─── Listed records

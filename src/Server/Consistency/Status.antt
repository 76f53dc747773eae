-- ===== src/Server/Consistency/Status.antt =====
-- `/mute`, `/unmute`, `/announce`, `/promote` and `/demote` of server/commands.go as to the
-- indexes.
use net_cat.Base.{
  Bytes, bytes_eq, trim_space, length, ℕ, Bool, true, false, ◌≡◌, refl, ◌∙◌, List, [], ◌∷◌, ◌==◌,
  Option, none, some, inl, inr, Bool-cases,
}
use net_cat.Base.Assoc.{insert, delete}
use net_cat.Models.{Message}
use net_cat.Client.{set_muted, set_admin}
use net_cat.Server.{Server, Now, on_client}
use net_cat.Server.Admins.{add_admin, remove_admin}
use net_cat.Server.Commands.Moderate.{
  status_event, mute_client, unmute_client, mute_found, unmute_found, cmd_mute, cmd_unmute,
  record_in_rooms, announce_all, cmd_announce, promote_client, demote_client, promote_found,
  demote_found, cmd_promote, cmd_demote,
}
use net_cat.Server.Index.{index}
use net_cat.Server.Index.Keep.{
  on_client-index, send_to-index, prompt_to-index, record_room_event-index,
  broadcast_all_rooms-index,
}
use net_cat.Server.Consistency.{reply-index}
use net_cat.Server.Consistency.Travel.{save_admins-index}

status_event-index :
    (now : Now) (admin action name : Bytes) (target : ℕ) (s : Server)
    → index (status_event now admin action name target s) ≡ index s
unfolding status_event
status_event-index now admin action name target s =
    broadcast_all_rooms-index _ _ ∙ record_room_event-index _ _ s

set_muted-index : (b : Bool) (c : ℕ) (s : Server) → index (on_client c (set_muted b) s) ≡ index s
set_muted-index b c s = unfold set_muted in on_client-index c (set_muted b) s refl refl

pub set_admin-index :
    (b : Bool) (c : ℕ) (s : Server) → index (on_client c (set_admin b) s) ≡ index s
set_admin-index b c s = unfold set_admin in on_client-index c (set_admin b) s refl refl

add_admin-index : (name : Bytes) (s : Server) → index (add_admin name s) ≡ index s
unfolding add_admin index
add_admin-index name s = save_admins-index (record s { admins = insert name true s.admins })

remove_admin-index : (name : Bytes) (s : Server) → index (remove_admin name s) ≡ index s
unfolding remove_admin index
remove_admin-index name s = save_admins-index (record s { admins = delete name s.admins })

record_in_rooms-index :
    (rooms : List Bytes) (msg : Message) (s : Server)
    → index (record_in_rooms rooms msg s) ≡ index s
unfolding record_in_rooms
record_in_rooms-index [] msg s = refl
record_in_rooms-index (room ∷ rooms) msg s =
    record_in_rooms-index rooms msg _ ∙ record_room_event-index room msg s

module _ (now : Now) (admin name : Bytes) (target : ℕ) (s : Server) where
  pub mute_client-index : index (mute_client now admin name target s) ≡ index s
  unfolding mute_client
  mute_client-index = status_event-index now admin _ name target _ ∙ set_muted-index true target s

  pub unmute_client-index : index (unmute_client now admin name target s) ≡ index s
  unfolding unmute_client
  unmute_client-index =
      status_event-index now admin _ name target _ ∙ set_muted-index false target s

  pub promote_client-index : index (promote_client now admin name target s) ≡ index s
  unfolding promote_client
  promote_client-index =
      status_event-index now admin _ name target _
      ∙ send_to-index target _ _
      ∙ add_admin-index name _
      ∙ set_admin-index true target s

  pub demote_client-index : index (demote_client now admin name target s) ≡ index s
  unfolding demote_client
  demote_client-index =
      status_event-index now admin _ name target _
      ∙ send_to-index target _ _
      ∙ remove_admin-index name _
      ∙ set_admin-index false target s

pub announce_all-index :
    (now : Now) (admin text : Bytes) (s : Server) → index (announce_all now admin text s) ≡ index s
unfolding announce_all
announce_all-index now admin text s = broadcast_all_rooms-index _ _ ∙ record_in_rooms-index _ _ s

pub cmd_announce-index :
    (now : Now) (c : ℕ) (args : Bytes) (s : Server) → index (cmd_announce now c args s) ≡ index s
unfolding cmd_announce
cmd_announce-index now c args s = elim (Bool-cases (length (trim_space args) == 0)) [
  | inl e ↦ rw (e, cmd_announce) (reply-index now c _ s)
  | inr e ↦ rw (e, cmd_announce) (prompt_to-index now c _ ∙ announce_all-index now _ args s)
]

module _ (now : Now) (c : ℕ) (args : Bytes) (s : Server) where
  mute_found-index : (o : Option ℕ) → index (mute_found now c args o s) ≡ index s
  unfolding mute_found
  mute_found-index none = reply-index now c _ s
  mute_found-index (some target) = elim (Bool-cases (s.heap target).muted) [
    | inl e ↦ rw (e, mute_found) (reply-index now c _ s)
    | inr e ↦
        rw (e, mute_found)
          (prompt_to-index now c _ ∙ mute_client-index now (s.heap c).username args target s)
  ]

  pub cmd_mute-index : index (cmd_mute now c args s) ≡ index s
  unfolding cmd_mute
  cmd_mute-index = elim (Bool-cases (bytes_eq args [])) [
    | inl e ↦ rw (e, cmd_mute) (reply-index now c _ s)
    | inr e ↦ rw (e, cmd_mute) (mute_found-index _)
  ]

  unmute_found-index : (o : Option ℕ) → index (unmute_found now c args o s) ≡ index s
  unfolding unmute_found
  unmute_found-index none = reply-index now c _ s
  unmute_found-index (some target) = elim (Bool-cases (s.heap target).muted) [
    | inl e ↦
        rw (e, unmute_found)
          (prompt_to-index now c _ ∙ unmute_client-index now (s.heap c).username args target s)
    | inr e ↦ rw (e, unmute_found) (reply-index now c _ s)
  ]

  pub cmd_unmute-index : index (cmd_unmute now c args s) ≡ index s
  unfolding cmd_unmute
  cmd_unmute-index = elim (Bool-cases (bytes_eq args [])) [
    | inl e ↦ rw (e, cmd_unmute) (reply-index now c _ s)
    | inr e ↦ rw (e, cmd_unmute) (unmute_found-index _)
  ]

  promote_found-index : (o : Option ℕ) → index (promote_found now c args o s) ≡ index s
  unfolding promote_found
  promote_found-index none = reply-index now c _ s
  promote_found-index (some target) = elim (Bool-cases (s.heap target).admin) [
    | inl e ↦ rw (e, promote_found) (reply-index now c _ s)
    | inr e ↦
        rw (e, promote_found)
          (prompt_to-index now c _ ∙ promote_client-index now (s.heap c).username args target s)
  ]

  pub cmd_promote-index : index (cmd_promote now c args s) ≡ index s
  unfolding cmd_promote
  cmd_promote-index = elim (Bool-cases (bytes_eq args [])) [
    | inl e ↦ rw (e, cmd_promote) (reply-index now c _ s)
    | inr e ↦ rw (e, cmd_promote) (promote_found-index _)
  ]

  demote_found-index : (o : Option ℕ) → index (demote_found now c args o s) ≡ index s
  unfolding demote_found
  demote_found-index none = reply-index now c _ s
  demote_found-index (some target) = elim (Bool-cases (s.heap target).admin) [
    | inl e ↦
        rw (e, demote_found)
          (prompt_to-index now c _ ∙ demote_client-index now (s.heap c).username args target s)
    | inr e ↦ rw (e, demote_found) (reply-index now c _ s)
  ]

  pub cmd_demote-index : index (cmd_demote now c args s) ≡ index s
  unfolding cmd_demote
  cmd_demote-index = elim (Bool-cases (bytes_eq args [])) [
    | inl e ↦ rw (e, cmd_demote) (reply-index now c _ s)
    | inr e ↦ rw (e, cmd_demote) (demote_found-index _)
  ]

──────

■ Problem description: If a line of the data above contains "heap", copy it out.

■ Output of the task:
  mute_found-index (some target) = elim (Bool-cases (s.heap target).muted) [
          (prompt_to-index now c _ ∙ mute_client-index now (s.heap c).username args target s)
  unmute_found-index (some target) = elim (Bool-cases (s.heap target).muted) [
          (prompt_to-index now c _ ∙ unmute_client-index now (s.heap c).username args target s)
  promote_found-index (some target) = elim (Bool-cases (s.heap target).admin) [
          (prompt_to-index now c _ ∙ promote_client-index now (s.heap c).username args target s)
  demote_found-index (some target) = elim (Bool-cases (s.heap target).admin) [
          (prompt_to-index now c _ ∙ demote_client-index now (s.heap c).username args target s)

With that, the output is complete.